**** MATERIAL PROVIDED ****
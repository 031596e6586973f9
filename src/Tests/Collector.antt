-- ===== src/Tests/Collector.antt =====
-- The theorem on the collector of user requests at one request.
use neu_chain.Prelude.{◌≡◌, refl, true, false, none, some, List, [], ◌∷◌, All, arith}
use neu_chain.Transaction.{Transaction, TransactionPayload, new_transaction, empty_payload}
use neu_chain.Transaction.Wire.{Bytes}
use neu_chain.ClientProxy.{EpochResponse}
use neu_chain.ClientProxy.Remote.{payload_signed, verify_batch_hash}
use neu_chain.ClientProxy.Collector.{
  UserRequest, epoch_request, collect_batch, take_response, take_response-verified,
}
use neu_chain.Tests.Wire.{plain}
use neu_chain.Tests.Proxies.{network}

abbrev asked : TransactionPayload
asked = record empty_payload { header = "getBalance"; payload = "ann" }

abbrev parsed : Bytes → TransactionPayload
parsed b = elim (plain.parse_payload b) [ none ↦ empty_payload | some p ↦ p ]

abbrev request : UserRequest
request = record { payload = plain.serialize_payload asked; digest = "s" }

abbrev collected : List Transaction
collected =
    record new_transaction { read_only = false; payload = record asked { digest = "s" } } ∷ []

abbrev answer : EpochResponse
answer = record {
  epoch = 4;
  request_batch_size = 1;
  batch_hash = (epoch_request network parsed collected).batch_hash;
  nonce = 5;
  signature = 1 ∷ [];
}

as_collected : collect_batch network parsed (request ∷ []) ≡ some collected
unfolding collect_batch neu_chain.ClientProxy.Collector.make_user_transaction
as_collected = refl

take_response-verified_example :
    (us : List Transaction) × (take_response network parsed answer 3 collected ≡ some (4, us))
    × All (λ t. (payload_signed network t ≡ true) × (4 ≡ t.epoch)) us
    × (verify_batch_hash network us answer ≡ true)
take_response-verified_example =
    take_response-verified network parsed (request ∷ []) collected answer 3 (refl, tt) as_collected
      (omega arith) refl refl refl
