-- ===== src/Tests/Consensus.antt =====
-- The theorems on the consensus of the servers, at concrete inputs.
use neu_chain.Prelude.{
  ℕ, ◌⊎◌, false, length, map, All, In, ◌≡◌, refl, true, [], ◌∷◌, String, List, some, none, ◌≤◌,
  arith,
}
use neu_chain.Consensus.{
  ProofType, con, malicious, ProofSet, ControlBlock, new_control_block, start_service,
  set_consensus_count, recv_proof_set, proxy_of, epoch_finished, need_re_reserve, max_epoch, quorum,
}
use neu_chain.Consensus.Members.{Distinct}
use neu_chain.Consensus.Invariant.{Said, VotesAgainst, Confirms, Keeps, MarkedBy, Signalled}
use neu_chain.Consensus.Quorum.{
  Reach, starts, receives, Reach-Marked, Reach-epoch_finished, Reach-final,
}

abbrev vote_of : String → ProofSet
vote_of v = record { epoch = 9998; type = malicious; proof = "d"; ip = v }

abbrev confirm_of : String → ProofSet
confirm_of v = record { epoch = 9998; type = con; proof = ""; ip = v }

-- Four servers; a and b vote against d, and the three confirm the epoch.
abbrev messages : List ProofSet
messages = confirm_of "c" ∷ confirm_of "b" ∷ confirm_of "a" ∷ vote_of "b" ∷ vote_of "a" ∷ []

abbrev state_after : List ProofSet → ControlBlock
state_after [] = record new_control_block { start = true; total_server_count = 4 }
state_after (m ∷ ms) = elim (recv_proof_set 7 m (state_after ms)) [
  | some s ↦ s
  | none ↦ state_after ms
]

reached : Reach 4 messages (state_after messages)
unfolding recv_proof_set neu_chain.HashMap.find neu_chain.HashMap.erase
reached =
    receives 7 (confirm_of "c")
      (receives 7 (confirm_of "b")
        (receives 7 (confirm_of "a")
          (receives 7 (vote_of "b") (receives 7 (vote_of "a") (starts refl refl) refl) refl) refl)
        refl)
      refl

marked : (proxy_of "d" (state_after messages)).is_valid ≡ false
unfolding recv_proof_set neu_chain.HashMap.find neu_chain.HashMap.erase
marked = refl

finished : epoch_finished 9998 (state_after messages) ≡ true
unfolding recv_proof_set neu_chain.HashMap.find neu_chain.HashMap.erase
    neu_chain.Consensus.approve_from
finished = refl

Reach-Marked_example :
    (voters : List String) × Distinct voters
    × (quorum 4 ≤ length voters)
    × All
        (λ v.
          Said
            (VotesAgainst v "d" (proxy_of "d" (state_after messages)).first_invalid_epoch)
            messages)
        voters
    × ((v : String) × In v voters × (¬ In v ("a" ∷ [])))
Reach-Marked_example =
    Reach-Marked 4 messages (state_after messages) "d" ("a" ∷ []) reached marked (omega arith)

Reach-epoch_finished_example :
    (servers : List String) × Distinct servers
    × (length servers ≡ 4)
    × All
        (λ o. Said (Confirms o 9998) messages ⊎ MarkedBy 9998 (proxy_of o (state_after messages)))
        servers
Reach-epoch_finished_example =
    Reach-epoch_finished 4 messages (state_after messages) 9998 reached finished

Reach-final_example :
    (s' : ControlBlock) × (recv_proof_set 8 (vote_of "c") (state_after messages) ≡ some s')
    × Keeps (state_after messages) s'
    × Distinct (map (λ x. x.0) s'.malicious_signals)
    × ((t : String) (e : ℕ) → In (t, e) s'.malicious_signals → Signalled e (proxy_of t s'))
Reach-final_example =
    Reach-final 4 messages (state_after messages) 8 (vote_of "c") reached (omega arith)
****
YOUR GOAL
Nothing in the records may change; output all of them exactly.

COMPLETED TASK
repository 031596e6586973f9
filename src/Tests/Collector.antt
-- ===== src/Tests/Collector.antt =====
-- The theorem on the collector of user requests at one request.
use neu_chain.Prelude.{◌≡◌, refl, true, false, none, some, List, [], ◌∷◌, All, arith}
use neu_chain.Transaction.{Transaction, TransactionPayload, new_transaction, empty_payload}
use neu_chain.Transaction.Wire.{Bytes}
use neu_chain.ClientProxy.{EpochResponse}
use neu_chain.ClientProxy.Remote.{payload_signed, verify_batch_hash}
use neu_chain.ClientProxy.Collector.{
  UserRequest, epoch_request, collect_batch, take_response, take_response-verified,
}
use neu_chain.Tests.Wire.{plain}
use neu_chain.Tests.Proxies.{network}

abbrev asked : TransactionPayload
asked = record empty_payload { header = "getBalance"; payload = "ann" }

abbrev parsed : Bytes → TransactionPayload
parsed b = elim (plain.parse_payload b) [ none ↦ empty_payload | some p ↦ p ]

abbrev request : UserRequest
request = record { payload = plain.serialize_payload asked; digest = "s" }

abbrev collected : List Transaction
collected =
    record new_transaction { read_only = false; payload = record asked { digest = "s" } } ∷ []

abbrev answer : EpochResponse
answer = record {
  epoch = 4;
  request_batch_size = 1;
  batch_hash = (epoch_request network parsed collected).batch_hash;
  nonce = 5;
  signature = 1 ∷ [];
}

as_collected : collect_batch network parsed (request ∷ []) ≡ some collected
unfolding collect_batch neu_chain.ClientProxy.Collector.make_user_transaction
as_collected = refl

take_response-verified_example :
    (us : List Transaction) × (take_response network parsed answer 3 collected ≡ some (4, us))
    × All (λ t. (payload_signed network t ≡ true) × (4 ≡ t.epoch)) us
    × (verify_batch_hash network us answer ≡ true)
take_response-verified_example =
    take_response-verified network parsed (request ∷ []) collected answer 3 (refl, tt) as_collected
      (omega arith) refl refl refl
-- ===== src/Tests/Consensus.antt =====
-- The theorems on the consensus of the servers, at concrete inputs.
use neu_chain.Prelude.{
  ℕ, ◌⊎◌, false, length, map, All, In, ◌≡◌, refl, true, [], ◌∷◌, String, List, some, none, ◌≤◌,
  arith,
}
use neu_chain.Consensus.{
  ProofType, con, malicious, ProofSet, ControlBlock, new_control_block, start_service,
  set_consensus_count, recv_proof_set, proxy_of, epoch_finished, need_re_reserve, max_epoch, quorum,
}
use neu_chain.Consensus.Members.{Distinct}
use neu_chain.Consensus.Invariant.{Said, VotesAgainst, Confirms, Keeps, MarkedBy, Signalled}
use neu_chain.Consensus.Quorum.{
  Reach, starts, receives, Reach-Marked, Reach-epoch_finished, Reach-final,
}

abbrev vote_of : String → ProofSet
vote_of v = record { epoch = 9998; type = malicious; proof = "d"; ip = v }

abbrev confirm_of : String → ProofSet
confirm_of v = record { epoch = 9998; type = con; proof = ""; ip = v }

-- Four servers; a and b vote against d, and the three confirm the epoch.
abbrev messages : List ProofSet
messages = confirm_of "c" ∷ confirm_of "b" ∷ confirm_of "a" ∷ vote_of "b" ∷ vote_of "a" ∷ []

abbrev state_after : List ProofSet → ControlBlock
state_after [] = record new_control_block { start = true; total_server_count = 4 }
state_after (m ∷ ms) = elim (recv_proof_set 7 m (state_after ms)) [
  | some s ↦ s
  | none ↦ state_after ms
]

reached : Reach 4 messages (state_after messages)
unfolding recv_proof_set neu_chain.HashMap.find neu_chain.HashMap.erase
reached =
    receives 7 (confirm_of "c")
      (receives 7 (confirm_of "b")
        (receives 7 (confirm_of "a")
          (receives 7 (vote_of "b") (receives 7 (vote_of "a") (starts refl refl) refl) refl) refl)
        refl)
      refl

marked : (proxy_of "d" (state_after messages)).is_valid ≡ false
unfolding recv_proof_set neu_chain.HashMap.find neu_chain.HashMap.erase
marked = refl

finished : epoch_finished 9998 (state_after messages) ≡ true
unfolding recv_proof_set neu_chain.HashMap.find neu_chain.HashMap.erase
    neu_chain.Consensus.approve_from
finished = refl

Reach-Marked_example :
    (voters : List String) × Distinct voters
    × (quorum 4 ≤ length voters)
    × All
        (λ v.
          Said
            (VotesAgainst v "d" (proxy_of "d" (state_after messages)).first_invalid_epoch)
            messages)
        voters
    × ((v : String) × In v voters × (¬ In v ("a" ∷ [])))
Reach-Marked_example =
    Reach-Marked 4 messages (state_after messages) "d" ("a" ∷ []) reached marked (omega arith)

Reach-epoch_finished_example :
    (servers : List String) × Distinct servers
    × (length servers ≡ 4)
    × All
        (λ o. Said (Confirms o 9998) messages ⊎ MarkedBy 9998 (proxy_of o (state_after messages)))
        servers
Reach-epoch_finished_example =
    Reach-epoch_finished 4 messages (state_after messages) 9998 reached finished

Reach-final_example :
    (s' : ControlBlock) × (recv_proof_set 8 (vote_of "c") (state_after messages) ≡ some s')
    × Keeps (state_after messages) s'
    × Distinct (map (λ x. x.0) s'.malicious_signals)
    × ((t : String) (e : ℕ) → In (t, e) s'.malicious_signals → Signalled e (proxy_of t s'))
Reach-final_example =
    Reach-final 4 messages (state_after messages) 8 (vote_of "c") reached (omega arith)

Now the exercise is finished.